Teen drug abuse tilting toward prescribed meds

They’re relatively cheap. They’re often acceptable. They’re easy to get. And they’re in the schools.

Prescription drugs. A new high and the new drug of choice for teenagers across America.

In the past 10 years the rate of prescription drug abuse among teens has risen steadily. Nearly one in five — 4.5 million teenagers — admits to abusing medications not prescribed to him or her, reported a 2005 Partnership Attitude Tracking Study conducted by the Partnership for a Drug-Free America.

A wider range of students is reportedly experimenting with and abusing prescription drugs. Even teenagers who aren’t interested in their effects may be robbing the medicine cabinet at home for the cash in the corridors that leftover pain killers, sedatives and sleeping pills can turn over.

Joshua Lyon, 33, author of the book, “Pill Head,” offers: “It’s not like most parents are keeping unused marijuana or cocaine in the medicine cabinet, but they often have old pills they don’t keep track of.”

Teenagers may also be altering dosages on medications that have been prescribed for them; anti-anxiety and sleeping pills are reportedly being prescribed increasingly in this age group. Teens may also be ordering them online through legitimate or rogue pharmacies, by real or invented doctors.

One thing is certain: They’re deadly.

It has been widely reported that many teens have the naive belief that prescribed medications are not “hard drugs” and that they are less dangerous than the street drugs used by the stereotyped addict. After all, they’re taken by adults and given by doctors — FDA approved, mass-produced. Three out of 10 teenagers also think these drugs are not addictive, according to the Partnership Study.

Teens are readily learning how to optimize prescription-drug highs by crushing pills, doubling or tripling dosages, or simply taking handfuls of them. Whether knowingly or unwittingly, they’re also mixing them together with other seemingly benign, over-the-counter medicines, alcohol and street drugs. Many prescribed opiates like OxyContin are the pharmaceutical equivalent of heroin. And the brain doesn’t know the difference.
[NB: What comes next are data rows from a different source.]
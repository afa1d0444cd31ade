-- ===== src/Circuit/Transitions/Callbacks.antt =====
-- circuitbreaker.go: the callbacks of several goroutines. A method releases cb.mu before it calls
-- onStateChange, so that other goroutines may enter and leave the breaker, and call onStateChange,
-- between the two.
use mathlib.Core.List.{Permᴰ}
use mathlib.Core.List.Permᴰ
use mathlib.Core.List.Permᴰ.{nil, cons, swap, trans}
use rho_llm.Base.{
  ℕ, ◌≡◌, refl, true, List, [], ◌∷◌, ◌++◌, append_assoc, Option-cases, inl, inr, subst, sym, ◌∙◌,
}
use rho_llm.Circuit.{CircuitBreaker, CircuitState, Transition, Event, step}
use rho_llm.Circuit.Transitions.{Chain, Edge, cons_fired, step-Edge, step_quiet}

-- The breaker, the transitions whose goroutines are on their way to the callback, and those that the
-- callback has been given, the last first.
pub record Watched : Type 0 where
  pub breaker : CircuitBreaker
  pub due : List Transition
  pub seen : List Transition

-- One goroutine's critical section, or one goroutine's callback: any that is due may be the next.
pub data Moves : Watched → Watched → Type 0 where
  section :
      {w : Watched} (e : ℕ × Event)
      → Moves w
          (record w { breaker = (step w.breaker e).0; due = cons_fired (step w.breaker e).1 w.due })
  callback :
      {w : Watched} (before : List Transition) (t : Transition) (after : List Transition)
      → w.due ≡ before ++ (t ∷ after)
      → Moves w (record w { due = before ++ after; seen = t ∷ w.seen })

-- Any number of them, from a breaker that no goroutine has used.
pub data Unfolds (cb : CircuitBreaker) : Watched → Type 0 where
  unused : Unfolds cb (record { breaker = cb; due = []; seen = [] })
  later : {w w' : Watched} → Unfolds cb w → Moves w w' → Unfolds cb w'

Permᴰ-last :
    (t : Transition) (ts xs ys : List Transition)
    → Permᴰ ts (xs ++ ys)
    → Permᴰ (ts ++ (t ∷ [])) (xs ++ (t ∷ ys))
Permᴰ-last t ts xs ys p = trans (Permᴰ.append_right (t ∷ []) p) (
    subst (λ zs. Permᴰ zs (xs ++ (t ∷ ys))) (sym (append_assoc xs ys (t ∷ [])))
      (Permᴰ.append_left xs (Permᴰ-back t ys)))
  where
    Permᴰ-back : (t : Transition) (ys : List Transition) → Permᴰ (ys ++ (t ∷ [])) (t ∷ ys)
    Permᴰ-back t [] = Permᴰ.refl (t ∷ [])
    Permᴰ-back t (y ∷ ys) = trans (cons refl (Permᴰ-back t ys)) (swap refl refl)

Permᴰ-given :
    (t : Transition) (xs before after : List Transition)
    → Permᴰ (xs ++ (before ++ (t ∷ after))) (t ∷ (xs ++ (before ++ after)))
Permᴰ-given t xs before after =
    trans (Permᴰ.append_left xs (Permᴰ.middle t before after)) (Permᴰ.middle t xs (before ++ after))

Chain-last :
    (s u v : CircuitState) (ts : List Transition) (t : Transition)
    → Chain s ts u
    → u ≡ t.from
    → Edge t.from t.to
    → t.to ≡ v
    → Chain s (ts ++ (t ∷ [])) v
Chain-last s u v [] t c f e g = (c ∙ f, e, g)
Chain-last s u v (t' ∷ ts) t c f e g = (c.0, c.1, Chain-last t'.to u v ts t c.2 f e g)

-- The transitions so far, in the order of their critical sections, are a chain.
abbrev Rearranged : CircuitBreaker → Watched → Type 0
Rearranged cb w =
    (ts : List Transition) × (Chain cb.state ts w.breaker.state × Permᴰ ts (w.seen ++ w.due))
    × (w.breaker.observed ≡ true)

Moves-Rearranged :
    (cb : CircuitBreaker) {w w' : Watched} → Moves w w' → Rearranged cb w → Rearranged cb w'
Moves-Rearranged cb {w} (section e) (ts, (c, p), o) =
    let quiet = step_quiet w.breaker e o in
    elim (Option-cases (step w.breaker e).1) [
      | inl q ↦ (ts, (subst (λ s. Chain cb.state ts s) (sym (quiet.1 q)) c, rw q p), quiet.0)
      | inr (t, q) ↦
          let edge = step-Edge w.breaker e t q in
          (
            ts ++ (t ∷ []),
            (
              Chain-last cb.state w.breaker.state (step w.breaker e).0.state ts t c edge.1 edge.0
                  (sym edge.2),
              rw q (Permᴰ-last t ts w.seen w.due p),
            ),
            quiet.0,
          )
    ]
Moves-Rearranged cb {w} (callback before t after h) (ts, (c, p), o) = (
  ts,
  (c, trans (subst (λ d. Permᴰ ts (w.seen ++ d)) h p) (Permᴰ-given t w.seen before after)),
  o,
)

Unfolds-Rearranged :
    (cb : CircuitBreaker) {w : Watched} → cb.observed ≡ true → Unfolds cb w → Rearranged cb w
Unfolds-Rearranged cb o unused = ([], (refl, nil), o)
Unfolds-Rearranged cb o (later r m) = Moves-Rearranged cb m (Unfolds-Rearranged cb o r)

-- However the critical sections of several goroutines and the callbacks after them interleave: in the
-- order of the critical sections the transitions start at the breaker's first state, follow the edges
-- of the diagram one after the other and end at its present state. Those that the callback has been
-- given so far and those that are still due are together exactly these, none lost, repeated or made
-- up, but possibly in another order. The breaker has an onStateChange.
pub Unfolds-Chain :
    (cb : CircuitBreaker) (w : Watched)
    → cb.observed ≡ true
    → Unfolds cb w
    → (ts : List Transition) × (Chain cb.state ts w.breaker.state × Permᴰ ts (w.seen ++ w.due))
Unfolds-Chain cb w o r = let (ts, found, _) = Unfolds-Rearranged cb o r in (ts, found)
Across the nation, some teenagers who are experimenting with the hallucinogenic properties of the medications are “crashing,” but many more are on an indiscriminate daily maintenance — using them to handle pressure, stay alert, and feel more in control. Inevitably, they build a tolerance and crave them in ever-increasing quantities.

According to the Office of National Drug Control Policy, the types of prescription drugs most commonly abused by 12-to-17-year olds are pain relievers, followed by stimulants, tranquilizers and sedatives.

And pharmaceutical abuse has trickled down to adolescents. Prescription drugs are now the No. 1 illicit drug among 12-to-13-year olds according to the 2006 National Survey on Drug Use and Health.

Much of the behavior happens where teenagers spend a lot of their time — in school.

And when schools intervene, law enforcement usually gets involved.

Authorities recently took action on a prescription drug ring involving many students in a suburban school in Whippany, NJ. Baby-faced Evan Rokoszak, ringleader, sold to his student friends more than $50,000 each month of the prescription painkiller oxycodone. He was sentenced to seven years in prison as his mother cried “My baby, my baby,” reports a recent in-depth article in “Good Housekeeping” magazine.

Although a 2007 Minnesota Department of Health Student Survey shows the percentage of the state’s students who have abused prescription drugs such as Benzedrine, Ritalin, OxyContin, Percodan, Vicodin, Valium, Xanax and others as far lower than several states, recent prescription-pill incidents at both the Falls and Indus high schools emphasize the need for awareness of a growing problem.

The possibility of an accident grows with uneducated and random usage. Accidental-poisoning deaths among youths ages 15 to 24 increased 113 percent between 1999 and 2004, due mostly to prescription- and illegal-drug overdosage, allergies and negative interactions, says the Centers for Disease Control and Prevention.

The risks increase exponentially. And some of these teenagers are dying.

Recent Trends in Teen Prescription Drug Abuse

• Teens are turning away from street drugs and using prescription drugs to get high. New users of prescription drugs have caught up with new users of marijuana.

• Next to marijuana, the most common illegal drugs teens are using to get high are prescription medications.

• Teens are abusing prescription drugs because they believe the myth that these drugs provide a medically safe high.

• The majority of teens get prescription drugs easily and for free, often from friends or relatives.

• Girls are more likely than boys to intentionally abuse prescription drugs to get high.

• Pain relievers such as OxyContin and Vicodin are the most commonly abused prescription drugs by teens.

• Adolescents are more likely than young adults to become dependent on prescription medication.